──────── Records to use

-- ===== src/Examples/Provider.antt =====
-- One connection of a provider in the small world.
use funduq_server.Prelude.{
  String, ◌≡◌, refl, List, [], ◌∷◌, some, none, true, arith, ◌↔◌, Option, sym, ap, ◌∙◌, eq_iff,
  ◌==◌, if◌then◌else◌,
}
use funduq_server.Text.{codes}
use funduq_server.Json.{null, pos, str, obj, Dict, get, Json, as_list}
use funduq_server.Funduq.{Funduq, Registration, Thread}
use mathlib.Core.Path.{subst}
use mathlib.Core.Option.{some-injective}
use funduq_server.Reads.{may_read}
use funduq_server.Reads.Rule.{CanRead, may_read_iff}
use funduq_server.WsCommon.{receive_hello, Message, text, write_loop}
use funduq_server.WsProvider.Query.{
  answer_query, query_answer, read_limit, read_params, answer_thread_messages,
}
use funduq_server.WsProvider.Query.Access.{Reply, CanQuery, answer_query-Reply}
use funduq_server.WsProvider.Query.Secrecy.{answer_query-barred}
use funduq_server.WsProvider.Hello.{read_hello}
use funduq_server.WsProvider.Registration.{
  match_name, parse_registration, parse_entries, parse_entry,
}
use funduq_server.WsProvider.Registration.Names.{
  AcceptedAll, IsAgentName, match_name_iff, parse_registration-Accepted,
}
use funduq_server.WsProvider.Socket.{Conn, read_message}
use funduq_server.WsProvider.Socket.Roster.{told}
use funduq_server.WsProvider.Socket.Failures.{IsCivil, loop_after, read_message-loop}
use funduq_server.WsProvider.Session.{
  Event, receive, core_delivers, watcher_wakes, open_socket, serve, welcome,
}
use funduq_server.WsProvider.Session.Roster.{serve-roster}
use funduq_server.WsProvider.Session.Wire.{Admitted, SentFirst, open_socket-welcome}
use funduq_server.AgentSdk.Queries.{query_frame}
use funduq_server.Wire.Handshake.{greeted, claim}
use funduq_server.Examples.{
  Journal, toy_core, toy_contract, toy_keys, hello_dict, register_dict, run_dict,
}

abbrev question : Dict
question = query_frame "q" "t1" (some (pos 2))

abbrev strange_question : Dict
strange_question = query_frame "q" "t2" none

answer_query-Reply_example :
    Reply toy_core toy_contract
      (λ n. [])
      "pk"
      question
      (query_answer "q" (str "two" ∷ str "three" ∷ []))
unfolding answer_query query_frame read_limit answer_thread_messages may_read
answer_query-Reply_example =
    answer_query-Reply toy_core toy_contract (λ n. []) "pk" question
      (query_answer "q" (str "two" ∷ str "three" ∷ [])) refl

-- Here `t2` is a thread of another provider's; in the small world itself it is none.
abbrev other_core : Funduq Journal
other_core = record toy_core {
  get_thread = λ s id. if id == "t2" then some (record { provider_key = "other" }) else none;
}

not_there :
    (id : String)
    → ◌≡◌ {A = Option String} (some "t2") (some id)
    → ¬ CanQuery toy_core (λ n. []) id "pk"
not_there id e can =
    let found : toy_core.get_thread [] "t2" ≡ some can.row =
      subst (λ i. toy_core.get_thread [] i ≡ some can.row) (sym (some-injective "t2" id e))
        can.found in
    absurd (ground arith)

not_mine :
    (id : String)
    → ◌≡◌ {A = Option String} (some "t2") (some id)
    → ¬ CanQuery other_core (λ n. []) id "pk"
not_mine id e can =
    let found : other_core.get_thread [] "t2" ≡ some can.row =
      subst (λ i. other_core.get_thread [] i ≡ some can.row) (sym (some-injective "t2" id e))
        can.found in
    let owner : ◌≡◌ {A = String} "other" "pk" =
      ap (λ (t : Thread). t.provider_key)
        (some-injective (record { provider_key = "other" }) can.row found)
      ∙ can.owner in
    let same : ("other" == "pk") ≡ true = (eq_iff "other" "pk").1 owner in absurd (cc)

answer_query-barred_example :
    answer_query toy_core toy_contract (λ n. []) "pk" strange_question
    ≡ answer_query other_core toy_contract (λ n. []) "pk" strange_question
unfolding query_frame read_params
answer_query-barred_example =
    answer_query-barred toy_core other_core toy_contract (λ n. []) (λ n. []) "pk" strange_question
      not_there not_mine

may_read_iff_example :
    (may_read toy_core (λ n. []) "t1" (some "user") ≡ true)
    ↔ CanRead toy_core (λ n. []) "t1" (some "user")
may_read_iff_example = may_read_iff toy_core (λ n. []) "t1" (some "user")

match_name_iff_example : (match_name (codes "agent-7\n") ≡ true) ↔ IsAgentName (codes "agent-7\n")
match_name_iff_example = match_name_iff (codes "agent-7\n")

abbrev helper : Registration
helper = record { name = "helper"; takes_interjections = null }

parse_registration-Accepted_example :
    (j : Json) × (js : List Json) × (as_list (get "agents" register_dict) ≡ some (j ∷ js))
    × AcceptedAll toy_contract (j ∷ js) (helper ∷ [])
unfolding parse_registration match_name parse_entries parse_entry
parse_registration-Accepted_example =
    parse_registration-Accepted toy_contract register_dict (helper ∷ []) refl

civil : IsCivil toy_core toy_contract
civil = record {
  registering = λ s id asks rs name e h. absurd (cc);
  deleting = λ s id name e h. absurd (cc);
  reporting = λ s run event key e h. absurd (cc);
  finishing = λ s run key e h. absurd (cc);
}

abbrev first : Message
first = text (some (obj hello_dict))

abbrev conn : Conn Journal
conn =
    greeted 0 ("attach" ∷ []) (claim toy_keys "tk" "souk" "nc" null)
      (welcome "souk" "counter-signed")

abbrev session : List (Event Journal)
session =
    receive (text (some (obj register_dict)))
    ∷ core_delivers run_dict
    ∷ watcher_wakes (λ n. [])
    ∷ []

read_message-loop_example :
    (read_message toy_core toy_contract first conn).loop ≡ loop_after first conn.loop
read_message-loop_example = read_message-loop toy_core toy_contract civil first conn

serve-roster_example :
    told (serve toy_core toy_contract session conn).link.outbound
    ≡ (serve toy_core toy_contract session conn).link.registered_names
unfolding open_socket welcome receive_hello read_hello
serve-roster_example =
    serve-roster toy_core toy_contract 0 [] (some first) conn session refl (tt, (refl, (tt, tt)))

open_socket-welcome_example :
    (a : Admitted toy_core toy_contract 0 [] (some first)) × SentFirst
      (welcome "souk" a.answer)
      (write_loop (serve toy_core toy_contract session conn).link.outbound)
unfolding open_socket welcome receive_hello read_hello
open_socket-welcome_example =
    open_socket-welcome toy_core toy_contract 0 [] (some first) conn session refl
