-- ===== src/KyokBridge.antt =====
-- souk-client-sdk/souk_client_sdk/kyok_bridge.py: the caller's LLM provider. `Handshake`
-- is the opening of its link, and `Completion` answers one completion.
pub mod Completion
pub mod Handshake
pub mod Connection
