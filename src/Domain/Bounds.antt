-- ===== src/Domain/Bounds.antt =====
-- The bounds of the world: what the clamp leaves of positions.
use mas_dsmb.Prelude.{
  ◌≡◌, ◌∷◌, ◌∙◌, if◌then◌else◌, if-both, String, ap, inl, inr, true, false, [], Bool-cases, Dict,
}
use mas_dsmb.Domain.Scalar.{Scalar, larger, smaller, of_nat, le_refl, le_of_not_le}
use mas_dsmb.Domain.World.{Player}
use mas_dsmb.Domain.Players.{
  GameEngine, clamp, over_values, over_players, clamp_character_to_world, clamp_players_to_world,
}
use mas_dsmb.Domain.Rules.{AllOf}

AllOf-over_values :
    {V : Type 0} (P : V → Type 0) (f : V → V) (d : Dict String V)
    → ((v : V) → P (f v))
    → AllOf P (over_values f d)
unfolding over_values
AllOf-over_values P f [] holds = tt
AllOf-over_values P f ((key, v) ∷ rest) holds = (holds v, AllOf-over_values P f rest holds)

module _ (scalar : Scalar) where
  open scalar use {Number, minus, le}

  le-larger : (a b : Number) → le a (larger scalar a b) ≡ true
  le-larger a b = elim (Bool-cases (le b a)) [
    | inl under ↦ ap (λ t. le a (if t then a else b)) under ∙ le_refl scalar a
    | inr over ↦ ap (λ t. le a (if t then a else b)) over ∙ le_of_not_le scalar b a over
  ]

  smaller-le : (a b : Number) → le (smaller scalar a b) b ≡ true
  smaller-le a b = elim (Bool-cases (le a b)) [
    | inl under ↦ ap (λ t. le (if t then a else b) b) under ∙ under
    | inr over ↦ ap (λ t. le (if t then a else b) b) over ∙ le_refl scalar b
  ]

  larger-le : (a b c : Number) → le a c ≡ true → le b c ≡ true → le (larger scalar a b) c ≡ true
  larger-le a b c ha hb = if-both {A = Number} (λ m. le m c ≡ true) (le b a) ha hb

  -- Not left of the world and, where the thing fits in at all, not beyond its far edge.
  abbrev pub IsWithin : Number → Number → Number → Type 0
  IsWithin extent size v =
      (le (of_nat scalar 0) v ≡ true)
      × (le v (larger scalar (of_nat scalar 0) (minus extent size)) ≡ true)

  clamp-IsWithin : (extent size v : Number) → IsWithin extent size (clamp scalar extent size v)
  unfolding clamp
  clamp-IsWithin extent size v =
      let zero_edge = of_nat scalar 0 in
      let far = larger scalar zero_edge (minus extent size) in
      (
        le-larger zero_edge (smaller scalar v far),
        larger-le zero_edge (smaller scalar v far) far (le-larger zero_edge (minus extent size))
            (smaller-le v far),
      )

  -- A player in the world: within its width, and not above it.
  abbrev pub InWorld : GameEngine scalar → Player scalar → Type 0
  InWorld g p = IsWithin g.world_width p.box.width p.box.x × (le (of_nat scalar 0) p.box.y ≡ true)

  clamp_character-InWorld :
      (g : GameEngine scalar) (p : Player scalar)
      → InWorld g (clamp_character_to_world scalar false g p)
  unfolding clamp_character_to_world
  clamp_character-InWorld g p =
      (clamp-IsWithin g.world_width p.box.width p.box.x, le-larger (of_nat scalar 0) p.box.y)

  -- After the clamp every player in the world stands within the world's width and not above it.
  pub clamp_players_to_world-InWorld :
      (g : GameEngine scalar)
      → AllOf (InWorld g) (clamp_players_to_world scalar g).world_state.characters
  unfolding clamp_players_to_world over_players
  clamp_players_to_world-InWorld g =
      AllOf-over_values (InWorld g) (clamp_character_to_world scalar false g)
        g.world_state.characters (clamp_character-InWorld g)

────────────────

- [What is expected]
Copy every line from the records that holds the string "SentFirst".

- [Exercise output]
use funduq_server.WsProvider.Session.Wire.{Admitted, SentFirst, open_socket-welcome}
    (a : Admitted toy_core toy_contract 0 [] (some first)) × SentFirst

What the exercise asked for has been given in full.